Ironie, critique acerbe, humour, et enfin mélancolie prégnante. L’évocation du temps qui passe marque le texte d’une tristesse insolite. Ainsi, les allusions à Édouard Dubus et de Gabriel Aurier, morts trop jeunes, et la commémoration d’Albert Samain, poète aujourd’hui à peu près oublié et qui revient chez Tailhade avec insistance, cristallisent cette perte inéluctable de la vitalité en tant qu’énergie. « Il mourut jeune, à quarante-deux ans, aimé des Dieux, sans doute, puisqu’un baiser de la Gloire vint fermer ses paupières et qu’il n’eut pas la douleur de survivre aux rimes en fleurs de ses vingt ans. » Albert Samain est l’une des rares figures épargnée par l’ironie systématique du polémiste.
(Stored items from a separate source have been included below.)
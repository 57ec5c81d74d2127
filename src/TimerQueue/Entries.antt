-- ===== src/TimerQueue/Entries.antt =====
-- What `reset` does with the timer of one entry.
use epoll.Base.{
  ℕ, ◌≡◌, refl, sym, ap, ◌∙◌, inl, inr, Bool, true, false, not, ◌&&◌, ◌||◌, [], ◌∷◌, ◌==◌, Option,
  none, some, Bool-cases, ok, arith, ==_iff,
}
use mathlib.Core.Option.{some-injective}
use epoll.TimerQueue.{Pairs, contains, Timer, TimerQueue, set_at, put_both}
use epoll.TimerQueue.InStep.{runs_at, InStep}
use epoll.TimerQueue.Insertion.{put_both-InStep, insert_lem}
use epoll.TimerQueue.Sets.{contains-put}
use epoll.TimerQueue.Repeating.{restart, stays, put_back}

-- The address has an entry.
unfoldable pub is_listed : ℕ → Pairs → Bool
is_listed a [] = false
is_listed a (entry ∷ s) = a == entry.1 || is_listed a s

-- The address has a timer, and it is not active.
unfoldable pub is_idle : Option Timer → ℕ → Pairs → Bool
is_idle none a active = false
is_idle (some t) a active = not (contains (a, t.sequence) active)

-- The entries are of different timers, which are allocated and not active.
unfoldable pub are_idle : Pairs → TimerQueue → Bool
are_idle [] q = true
are_idle (entry ∷ s) q =
    is_idle (q.heap entry.1) entry.1 q.active_timers && not (is_listed entry.1 s) && are_idle s q

-- An address that holds no active timer has no entry.
idle_no_entry :
    (a : ℕ) (t : Timer) (q : TimerQueue)
    → InStep q
    → q.heap a ≡ some t
    → contains (a, t.sequence) q.active_timers ≡ false
    → (when : ℕ) → contains (when, a) q.timers ≡ false
unfolding runs_at
idle_no_entry a t q v here idle when = rw (v.member_lem when a, here, idle) (ground arith)

-- What lies at the address of an idle timer may change.
set_idle-InStep :
    (a : ℕ) (t : Timer) (new : Option Timer) (q : TimerQueue)
    → InStep q
    → q.heap a ≡ some t
    → contains (a, t.sequence) q.active_timers ≡ false
    → ((when : ℕ) → runs_at new a when q.active_timers ≡ false)
    → InStep (record q { heap = set_at a new q.heap })
unfolding set_at
set_idle-InStep a t new q v here idle quiet = record {
  timers_sorted = v.timers_sorted;
  active_sorted = v.active_sorted;
  size_lem = v.size_lem;
  member_lem = λ when b. elim (Bool-cases (b == a)) [
    | inl same ↦
        rw (same, (==_iff b a).0 same) (idle_no_entry a t q v here idle when ∙ sym (quiet when))
    | inr other ↦ rw other (v.member_lem when b)
  ];
}

module _ (add_time : ℕ → ℕ → ℕ) (now : ℕ) where
  -- What a run over entries leaves: the sets in step, other addresses as they were, the timers that
  -- stay restarted and active, the others deleted.
  pub record IsReset (expired : Pairs) (q q' : TimerQueue) : Type 0 where
    pub in_step : InStep q'
    pub canceling_lem : q'.canceling_timers ≡ q.canceling_timers
    pub armed_lem : q'.armed ≡ q.armed
    pub heap_lem : (b : ℕ) → is_listed b expired ≡ false → q'.heap b ≡ q.heap b
    pub active_lem :
        (b sequence : ℕ)
        → is_listed b expired ≡ false
        → contains (b, sequence) q'.active_timers ≡ contains (b, sequence) q.active_timers
    pub kept_lem :
        (b : ℕ) (t : Timer)
        → is_listed b expired ≡ true
        → q.heap b ≡ some t
        → stays b t q ≡ true
        → (q'.heap b ≡ some (restart add_time now t))
          × (contains (b, t.sequence) q'.active_timers ≡ true)
    pub deleted_lem :
        (b : ℕ) (t : Timer)
        → is_listed b expired ≡ true
        → q.heap b ≡ some t
        → stays b t q ≡ false
        → q'.heap b ≡ none

  pub stays_same :
      (b : ℕ) (t : Timer) (q q' : TimerQueue)
      → q'.canceling_timers ≡ q.canceling_timers
      → stays b t q' ≡ stays b t q
  unfolding stays
  stays_same b t q q' same = rw same refl

  listed_one : (b when a : ℕ) → is_listed b ((when, a) ∷ []) ≡ (b == a)
  unfolding is_listed
  listed_one b when a = ground arith

  -- An address has one timer.
  same_timer :
      (a b : ℕ) (t u : Timer) (q : TimerQueue)
      → b == a ≡ true
      → q.heap a ≡ some t
      → q.heap b ≡ some u
      → (b ≡ a) × (u ≡ t)
  same_timer a b t u q same here there =
      let at = (==_iff b a).0 same in (at, some-injective u t (sym there ∙ ap q.heap at ∙ here))

  stays_own :
      (a b : ℕ) (t u : Timer) (q : TimerQueue) → (b ≡ a) × (u ≡ t) → stays b u q ≡ stays a t q
  stays_own a b t u q (at, one) = rw (at, one) refl

  -- The timer of one entry is deleted.
  pub deleted_one :
      (when a : ℕ) (t : Timer) (q : TimerQueue)
      → InStep q
      → q.heap a ≡ some t
      → contains (a, t.sequence) q.active_timers ≡ false
      → stays a t q ≡ false
      → IsReset ((when, a) ∷ []) q (record q { heap = set_at a none q.heap })
  unfolding set_at runs_at
  deleted_one when a t q v here idle goes = record {
    in_step = set_idle-InStep a t none q v here idle (λ w. refl);
    canceling_lem = refl;
    armed_lem = refl;
    heap_lem = λ b out. rw (sym (listed_one b when a) ∙ out) refl;
    active_lem = λ b sequence out. refl;
    kept_lem = λ b u own there keeps.
        let same = same_timer a b t u q (sym (listed_one b when a) ∙ own) here there in
        absurd (ground (arith, stays_own a b t u q same, goes, keeps));
    deleted_lem = λ b u own there gone. rw (sym (listed_one b when a) ∙ own) refl;
  }

  -- The timer of one entry is put back.
  pub kept_one :
      (when a : ℕ) (t : Timer) (q : TimerQueue)
      → InStep q
      → q.heap a ≡ some t
      → contains (a, t.sequence) q.active_timers ≡ false
      → stays a t q ≡ true
      → (q' : TimerQueue) × (put_back add_time true now a t q ≡ ok q')
        × IsReset ((when, a) ∷ []) q q'
  unfolding put_back set_at restart put_both runs_at
  kept_one when a t q v here idle keeps =
      let t' = restart add_time now t in
      let q₀ : TimerQueue = record q { heap = set_at a (some t') q.heap } in
      let v₀ = set_idle-InStep a t (some t') q v here idle (λ w. ground (arith, idle)) in
      let here₀ : q₀.heap a ≡ some t' = ground (arith) in
      let w = put_both-InStep a t' q₀ v₀ here₀ idle in
      (
        put_both a t' q₀,
        rw (insert_lem a t' q₀ v₀ here₀ idle) refl,
        record {
          in_step = w;
          canceling_lem = refl;
          armed_lem = refl;
          heap_lem = λ b out. rw (sym (listed_one b when a) ∙ out) refl;
          active_lem = λ b sequence out.
              let other = sym (listed_one b when a) ∙ out in
              ground (arith, contains-put (a, t.sequence) (b, sequence) q.active_timers, other);
          kept_lem = λ b u own there stay.
              let (at, one) = same_timer a b t u q (sym (listed_one b when a) ∙ own) here there in
              let entry = contains-put (a, t.sequence) (a, t.sequence) q.active_timers in
              rw (at, one) (here₀, ground (arith, entry));
          deleted_lem = λ b u own there gone.
              let same = same_timer a b t u q (sym (listed_one b when a) ∙ own) here there in
              absurd (ground (arith, stays_own a b t u q same, gone, keeps));
        },
      )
Il symbolise une pureté presque religieuse.

Car si les marques de cette conversion finale de Laurent Tailhade reste, dans ce texte, discrète, nous en relevons cependant des traces à la fois dans la tonalité (notamment l’envolée finale) et plus sûrement encore à travers deux références : Louis Veuillot, catholique engagé, et Antoine de Rivarol, royaliste. Elle n’entame pas son anarchisme qui devient, comme chez Tolstoï, un anarchisme chrétien.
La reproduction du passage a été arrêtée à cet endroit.